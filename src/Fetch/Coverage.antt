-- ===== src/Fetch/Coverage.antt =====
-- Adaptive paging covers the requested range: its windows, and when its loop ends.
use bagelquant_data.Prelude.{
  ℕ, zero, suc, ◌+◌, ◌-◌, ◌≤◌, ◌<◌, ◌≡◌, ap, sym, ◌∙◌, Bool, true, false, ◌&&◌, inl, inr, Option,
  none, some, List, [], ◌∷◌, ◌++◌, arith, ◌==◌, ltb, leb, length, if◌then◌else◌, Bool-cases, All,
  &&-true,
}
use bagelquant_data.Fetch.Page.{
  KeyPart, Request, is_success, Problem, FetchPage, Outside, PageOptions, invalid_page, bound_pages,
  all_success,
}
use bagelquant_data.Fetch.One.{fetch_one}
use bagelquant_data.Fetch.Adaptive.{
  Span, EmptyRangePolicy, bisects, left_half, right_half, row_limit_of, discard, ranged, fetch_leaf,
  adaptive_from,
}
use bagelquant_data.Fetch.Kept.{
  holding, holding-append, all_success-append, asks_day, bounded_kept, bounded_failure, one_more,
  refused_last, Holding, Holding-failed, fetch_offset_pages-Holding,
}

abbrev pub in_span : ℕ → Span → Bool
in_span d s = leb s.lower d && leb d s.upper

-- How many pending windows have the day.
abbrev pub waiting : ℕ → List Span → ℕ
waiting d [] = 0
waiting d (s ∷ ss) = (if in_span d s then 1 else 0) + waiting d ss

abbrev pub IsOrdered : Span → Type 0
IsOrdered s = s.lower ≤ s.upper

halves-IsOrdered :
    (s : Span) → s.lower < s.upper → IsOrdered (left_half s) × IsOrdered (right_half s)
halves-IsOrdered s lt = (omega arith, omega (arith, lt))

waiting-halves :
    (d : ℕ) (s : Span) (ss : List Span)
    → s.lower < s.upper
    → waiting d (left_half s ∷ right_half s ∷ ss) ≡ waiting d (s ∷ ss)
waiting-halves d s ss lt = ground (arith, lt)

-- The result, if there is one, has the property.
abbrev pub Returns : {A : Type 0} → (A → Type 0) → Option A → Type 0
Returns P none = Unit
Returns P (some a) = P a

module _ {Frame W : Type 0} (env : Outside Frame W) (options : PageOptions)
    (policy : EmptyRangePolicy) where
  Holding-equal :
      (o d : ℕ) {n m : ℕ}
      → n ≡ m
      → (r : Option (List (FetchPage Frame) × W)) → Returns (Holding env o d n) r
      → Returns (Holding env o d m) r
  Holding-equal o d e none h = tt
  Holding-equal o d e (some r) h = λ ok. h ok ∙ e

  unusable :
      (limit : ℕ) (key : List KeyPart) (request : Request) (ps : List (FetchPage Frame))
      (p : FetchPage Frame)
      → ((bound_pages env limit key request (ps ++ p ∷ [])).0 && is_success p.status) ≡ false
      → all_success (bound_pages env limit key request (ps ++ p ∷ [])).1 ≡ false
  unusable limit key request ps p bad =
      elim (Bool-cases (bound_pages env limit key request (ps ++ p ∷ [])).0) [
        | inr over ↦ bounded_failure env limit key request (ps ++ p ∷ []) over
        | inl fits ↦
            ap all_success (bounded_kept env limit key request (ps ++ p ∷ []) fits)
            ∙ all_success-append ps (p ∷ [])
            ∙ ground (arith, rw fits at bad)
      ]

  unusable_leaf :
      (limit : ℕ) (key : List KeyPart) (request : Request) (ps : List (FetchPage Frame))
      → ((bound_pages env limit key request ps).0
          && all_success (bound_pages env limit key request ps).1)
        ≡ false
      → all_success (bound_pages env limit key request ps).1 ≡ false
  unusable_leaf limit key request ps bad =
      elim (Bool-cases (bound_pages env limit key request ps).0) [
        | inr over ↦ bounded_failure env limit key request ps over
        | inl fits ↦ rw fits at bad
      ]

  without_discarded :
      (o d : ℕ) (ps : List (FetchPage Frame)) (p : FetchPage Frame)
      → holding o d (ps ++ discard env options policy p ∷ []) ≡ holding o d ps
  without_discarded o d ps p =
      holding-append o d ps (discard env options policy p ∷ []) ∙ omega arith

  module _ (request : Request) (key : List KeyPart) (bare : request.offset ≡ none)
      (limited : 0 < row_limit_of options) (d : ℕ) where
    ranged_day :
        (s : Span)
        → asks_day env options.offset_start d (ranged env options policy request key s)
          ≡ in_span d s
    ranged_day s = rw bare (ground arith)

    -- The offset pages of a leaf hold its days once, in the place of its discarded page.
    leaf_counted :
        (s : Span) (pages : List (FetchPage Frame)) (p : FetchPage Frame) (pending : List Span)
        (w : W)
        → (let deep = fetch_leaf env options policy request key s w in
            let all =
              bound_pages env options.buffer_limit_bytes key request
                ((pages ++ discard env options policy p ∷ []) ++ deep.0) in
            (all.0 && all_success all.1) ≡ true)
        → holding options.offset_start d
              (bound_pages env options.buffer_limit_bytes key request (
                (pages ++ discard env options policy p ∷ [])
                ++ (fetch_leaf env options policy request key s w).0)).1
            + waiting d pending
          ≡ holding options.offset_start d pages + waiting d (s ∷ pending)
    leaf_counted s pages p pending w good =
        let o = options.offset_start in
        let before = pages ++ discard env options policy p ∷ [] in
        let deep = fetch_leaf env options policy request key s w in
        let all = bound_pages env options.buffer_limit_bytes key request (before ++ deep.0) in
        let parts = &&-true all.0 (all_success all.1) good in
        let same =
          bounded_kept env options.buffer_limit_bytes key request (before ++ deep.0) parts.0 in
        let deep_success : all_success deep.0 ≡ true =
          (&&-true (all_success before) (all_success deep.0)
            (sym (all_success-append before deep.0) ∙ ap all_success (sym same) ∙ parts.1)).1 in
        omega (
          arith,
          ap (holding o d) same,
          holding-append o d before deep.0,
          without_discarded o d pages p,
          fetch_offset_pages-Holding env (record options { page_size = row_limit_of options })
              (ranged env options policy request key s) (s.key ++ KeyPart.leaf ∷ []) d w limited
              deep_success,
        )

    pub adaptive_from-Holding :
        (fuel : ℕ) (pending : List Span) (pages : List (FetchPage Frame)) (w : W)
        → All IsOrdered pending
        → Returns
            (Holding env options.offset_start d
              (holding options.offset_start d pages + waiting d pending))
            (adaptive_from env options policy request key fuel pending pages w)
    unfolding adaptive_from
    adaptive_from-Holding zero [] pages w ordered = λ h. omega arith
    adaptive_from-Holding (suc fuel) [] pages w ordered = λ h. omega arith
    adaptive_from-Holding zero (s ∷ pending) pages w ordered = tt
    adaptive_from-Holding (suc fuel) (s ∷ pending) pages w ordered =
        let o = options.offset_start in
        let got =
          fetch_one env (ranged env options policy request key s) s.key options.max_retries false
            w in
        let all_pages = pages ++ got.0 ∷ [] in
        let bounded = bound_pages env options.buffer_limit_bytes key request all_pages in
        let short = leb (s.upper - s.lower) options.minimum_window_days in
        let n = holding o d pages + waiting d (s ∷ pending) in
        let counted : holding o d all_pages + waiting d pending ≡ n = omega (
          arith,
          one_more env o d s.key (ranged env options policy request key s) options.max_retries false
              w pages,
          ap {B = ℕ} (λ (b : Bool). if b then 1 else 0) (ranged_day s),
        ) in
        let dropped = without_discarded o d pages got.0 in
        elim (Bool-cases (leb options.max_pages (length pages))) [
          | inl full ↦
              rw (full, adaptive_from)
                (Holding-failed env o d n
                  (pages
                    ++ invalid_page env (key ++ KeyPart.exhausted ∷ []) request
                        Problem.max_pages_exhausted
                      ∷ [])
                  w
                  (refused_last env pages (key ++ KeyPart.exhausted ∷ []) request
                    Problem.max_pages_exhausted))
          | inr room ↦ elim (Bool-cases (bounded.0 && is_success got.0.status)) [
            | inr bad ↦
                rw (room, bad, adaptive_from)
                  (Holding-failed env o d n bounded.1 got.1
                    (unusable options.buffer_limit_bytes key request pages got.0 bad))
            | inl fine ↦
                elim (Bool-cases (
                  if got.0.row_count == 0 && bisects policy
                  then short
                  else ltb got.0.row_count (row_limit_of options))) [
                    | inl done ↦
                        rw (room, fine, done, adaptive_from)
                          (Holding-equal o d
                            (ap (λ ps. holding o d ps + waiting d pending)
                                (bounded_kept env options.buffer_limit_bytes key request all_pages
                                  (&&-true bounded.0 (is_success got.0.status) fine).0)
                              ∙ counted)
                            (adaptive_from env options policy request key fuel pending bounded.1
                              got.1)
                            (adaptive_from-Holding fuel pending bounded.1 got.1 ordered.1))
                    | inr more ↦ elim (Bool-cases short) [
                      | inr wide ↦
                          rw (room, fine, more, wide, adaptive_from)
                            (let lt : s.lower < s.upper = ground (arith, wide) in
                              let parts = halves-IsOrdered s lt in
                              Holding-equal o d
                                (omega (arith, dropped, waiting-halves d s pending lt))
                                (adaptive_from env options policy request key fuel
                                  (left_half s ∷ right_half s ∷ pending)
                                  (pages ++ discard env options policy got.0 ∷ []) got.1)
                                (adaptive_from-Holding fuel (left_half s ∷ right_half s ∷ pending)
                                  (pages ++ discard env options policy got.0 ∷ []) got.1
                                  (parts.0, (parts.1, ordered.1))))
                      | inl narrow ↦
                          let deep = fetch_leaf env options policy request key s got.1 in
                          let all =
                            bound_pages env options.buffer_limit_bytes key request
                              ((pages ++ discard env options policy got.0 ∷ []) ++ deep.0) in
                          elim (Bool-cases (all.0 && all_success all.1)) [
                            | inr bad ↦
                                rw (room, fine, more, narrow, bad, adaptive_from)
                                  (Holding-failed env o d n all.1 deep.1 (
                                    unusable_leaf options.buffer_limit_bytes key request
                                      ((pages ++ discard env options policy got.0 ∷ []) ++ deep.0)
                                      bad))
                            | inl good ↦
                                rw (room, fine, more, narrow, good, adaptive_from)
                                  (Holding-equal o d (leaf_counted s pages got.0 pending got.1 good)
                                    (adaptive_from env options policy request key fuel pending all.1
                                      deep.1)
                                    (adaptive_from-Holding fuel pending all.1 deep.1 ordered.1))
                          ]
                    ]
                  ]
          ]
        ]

* [Task to carry out]:
Could you state how many lines in the listing include the string "Returns"? Only the number is wanted.

* [Final answer]:
6